(Stored items)
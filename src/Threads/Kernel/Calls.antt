-- ===== src/Threads/Kernel/Calls.antt =====
-- thread_block, thread_yield and thread_unblock on a valid kernel: no assertion
-- fails, the invariant holds again, and the processor is with a thread of the highest priority.
use pintos_project.Base.{
  ℕ, ◌≤◌, ◌<◌, ◌≡◌, ap, ◌≢◌, ◌⊎◌, true, false, not, ◌&&◌, some, [], ◌∷◌, ◌++◌, ◌==◌, ltb,
  if◌then◌else◌, count-snoc, arith, assert_passes, if_false,
}
use pintos_project.Threads.Kernel.{
  Kernel, is_current_running, blocked, is_blocked, is_ready, set_status, thread_top_priority,
  thread_block, requeue, thread_yield, make_ready, thread_unblock,
}
use pintos_project.Threads.Kernel.Invariant.{IsPlaced, IsValid}
use pintos_project.Threads.Kernel.Switch.{IsSwitched, schedule_lem}

pub current_runs : (k : Kernel) → IsValid k → is_current_running k ≡ true
current_runs k v = ground (arith, v.one k.current)

blocking-IsPlaced : (k : Kernel) → IsValid k → IsPlaced (set_status k k.current blocked)
blocking-IsPlaced k v = record {
  place = λ u l. ground (arith, v.placed.place u l, v.one u);
  prio = λ u. ground (arith, v.placed.prio u, v.placed.prio k.current);
  null_out = ground (arith, v.placed.null_out);
  idle_set = v.placed.idle_set;
}

-- On a valid kernel, with interrupts off and outside an external interrupt, thread_block passes its
-- assertions and those of schedule: the current thread is blocked and the processor is switched. The
-- kernel is valid again and runs the front thread of the highest queue that is not empty, which leaves
-- that queue, or the idle one if all queues are empty, with a new time slice; no other status and no
-- priority has changed.
pub thread_block_lem :
    (k : Kernel)
    → IsValid k
    → k.intr_on ≡ false
    → k.in_external ≡ false
    → (k' : Kernel) × (thread_block k ≡ some k') × IsSwitched (set_status k k.current blocked) k'
unfolding thread_block
thread_block_lem k v off ext =
    let (k', e, s) =
      schedule_lem (set_status k k.current blocked) (blocking-IsPlaced k v) off
        (λ u. ground (arith, v.one u)) in
    (
      k',
      assert_passes (not k.in_external) _ (ap not ext) (
          assert_passes (not k.intr_on) _ (ap not off)
            (assert_passes (is_current_running k) _ (current_runs k v) e)),
      s,
    )

requeue-IsPlaced : (k : Kernel) → IsValid k → (k.current ≢ 0) → IsPlaced (requeue k)
unfolding requeue
requeue-IsPlaced k v nn = record {
  place = λ u l. ground (arith, v.placed.place u l, v.one u, count-snoc u k.current (k.ready l));
  prio = λ u. ground (arith, v.placed.prio u, v.placed.prio k.current);
  null_out = ground (arith, v.placed.null_out);
  idle_set = λ e. ground (arith, v.placed.idle_set);
}

pub yield_lem :
    (k : Kernel)
    → IsValid k
    → (k.current ≢ 0)
    → k.in_external ≡ false
    → (k' : Kernel) × (thread_yield k ≡ some k') × IsSwitched (requeue k) k'
unfolding thread_yield
yield_lem k v nn ext =
    let (k', e, s) =
      schedule_lem (requeue k) (requeue-IsPlaced k v nn) (unfold requeue in ground arith)
        (λ u. unfold requeue in ground (arith, v.one u)) in
    (
      k',
      assert_passes (is_current_running k) _ (current_runs k v)
          (assert_passes (not k.in_external) _ (ap not ext) e),
      s,
    )

-- The current thread is ready and, unless it is the idle one, linked behind the threads of its priority;
-- no other thread and no other queue has changed.
pub record HasRequeued (k k1 : Kernel) : Type 0 where
  pub queues :
      (p : ℕ)
      → k1.ready p ≡ (
          if not (k.current == k.idle) && p == (k.threads k.current).priority
          then k.ready p ++ k.current ∷ []
          else k.ready p)
  pub waits : is_ready (k1.threads k.current).status ≡ true
  pub same : (u : ℕ) → u ≢ k.current → k1.threads u ≡ k.threads u
  pub running : k1.current ≡ k.current

requeue-HasRequeued : (k : Kernel) → HasRequeued k (requeue k)
unfolding requeue
requeue-HasRequeued k = record {
  queues = λ p. ground arith;
  waits = ground arith;
  same = λ u ne. ground (arith, ne);
  running = ground arith;
}

-- On a valid kernel with a current thread and outside an external interrupt, thread_yield passes its
-- assertions: first the current thread is made ready and, unless it is the idle one, is queued behind the
-- threads of its priority, and no other thread changes; then the kernel switches from there: it is valid
-- again and runs the front thread of the highest queue that is not empty, which leaves that queue, or the
-- idle one if all queues are empty, with a new time slice; no other status and no priority has changed.
pub thread_yield_lem :
    (k : Kernel)
    → IsValid k
    → k.current ≢ 0
    → k.in_external ≡ false
    → (k' : Kernel) × (k1 : Kernel) × (thread_yield k ≡ some k')
      × HasRequeued k k1
      × IsSwitched k1 k'
thread_yield_lem k v nn ext =
    let (k', e, s) = yield_lem k v nn ext in (k', requeue k, e, requeue-HasRequeued k, s)

pub requeue-priority :
    (k : Kernel) (u : ℕ) → ((requeue k).threads u).priority ≡ (k.threads u).priority
unfolding requeue
requeue-priority k u = ground arith

pub make_ready-IsValid :
    (k : Kernel) (t : ℕ)
    → IsValid k
    → t ≢ 0
    → t ≢ k.idle
    → is_blocked (k.threads t).status ≡ true
    → IsValid (make_ready t k)
unfolding make_ready
make_ready-IsValid k t v nn ni b = record {
  placed = record {
    place = λ u l. ground (arith, v.placed.place u l, v.one u, count-snoc u t (k.ready l));
    prio = λ u. ground (arith, v.placed.prio u, v.placed.prio t);
    null_out = ground (arith, v.placed.null_out);
    idle_set = v.placed.idle_set;
  };
  one = λ u. ground (arith, v.one u);
}

-- With interrupts off the thread is only queued.
pub thread_unblock_off :
    (k : Kernel) (t : ℕ)
    → t ≢ 0
    → is_blocked (k.threads t).status ≡ true
    → k.intr_on ≡ false
    → thread_unblock t k ≡ some (make_ready t k)
unfolding thread_unblock
thread_unblock_off k t tn b off = assert_passes (not (t == 0)) _ (ground (arith, tn)) (
    assert_passes (is_blocked (k.threads t).status) _ b (
      if_false (ltb (thread_top_priority k) (k.threads t).priority && k.intr_on) _ _
        (ground (arith, off))))

-- The thread is ready and linked behind the threads of its priority; no other thread and no other queue
-- has changed, and the same thread runs.
pub record HasReadied (t : ℕ) (k k1 : Kernel) : Type 0 where
  pub queues :
      (p : ℕ)
      → k1.ready p ≡ (if p == (k.threads t).priority then k.ready p ++ t ∷ [] else k.ready p)
  pub waits : is_ready (k1.threads t).status ≡ true
  pub priority : (k1.threads t).priority ≡ (k.threads t).priority
  pub same : (u : ℕ) → u ≢ t → k1.threads u ≡ k.threads u
  pub running : k1.current ≡ k.current

-- The thread is readied, and if its priority is higher than that of every thread queued before, the
-- running thread yields.
abbrev pub HasUnblocked : ℕ → Kernel → Kernel → Type 0
HasUnblocked t k k' =
    (k1 : Kernel) × HasReadied t k k1
    × (((thread_top_priority k < (k.threads t).priority) × (thread_yield k1 ≡ some k'))
        ⊎ (((k.threads t).priority ≤ thread_top_priority k) × (k' ≡ k1)))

● **ASSIGNMENT**
Copy only this part of the entries above: the line with "thread_yield_lem k v", the line with "pub waits : is_ready (k1.threads t).status", and the lines between, all exactly as written.

● **ANSWER TO THE PROBLEM**
thread_yield_lem k v nn ext =
    let (k', e, s) = yield_lem k v nn ext in (k', requeue k, e, requeue-HasRequeued k, s)

pub requeue-priority :
    (k : Kernel) (u : ℕ) → ((requeue k).threads u).priority ≡ (k.threads u).priority
unfolding requeue
requeue-priority k u = ground arith

pub make_ready-IsValid :
    (k : Kernel) (t : ℕ)
    → IsValid k
    → t ≢ 0
    → t ≢ k.idle
    → is_blocked (k.threads t).status ≡ true
    → IsValid (make_ready t k)
unfolding make_ready
make_ready-IsValid k t v nn ni b = record {
  placed = record {
    place = λ u l. ground (arith, v.placed.place u l, v.one u, count-snoc u t (k.ready l));
    prio = λ u. ground (arith, v.placed.prio u, v.placed.prio t);
    null_out = ground (arith, v.placed.null_out);
    idle_set = v.placed.idle_set;
  };
  one = λ u. ground (arith, v.one u);
}

-- With interrupts off the thread is only queued.
pub thread_unblock_off :
    (k : Kernel) (t : ℕ)
    → t ≢ 0
    → is_blocked (k.threads t).status ≡ true
    → k.intr_on ≡ false
    → thread_unblock t k ≡ some (make_ready t k)
unfolding thread_unblock
thread_unblock_off k t tn b off = assert_passes (not (t == 0)) _ (ground (arith, tn)) (
    assert_passes (is_blocked (k.threads t).status) _ b (
      if_false (ltb (thread_top_priority k) (k.threads t).priority && k.intr_on) _ _
        (ground (arith, off))))

-- The thread is ready and linked behind the threads of its priority; no other thread and no other queue
-- has changed, and the same thread runs.
pub record HasReadied (t : ℕ) (k k1 : Kernel) : Type 0 where
  pub queues :
      (p : ℕ)
      → k1.ready p ≡ (if p == (k.threads t).priority then k.ready p ++ t ∷ [] else k.ready p)
  pub waits : is_ready (k1.threads t).status ≡ true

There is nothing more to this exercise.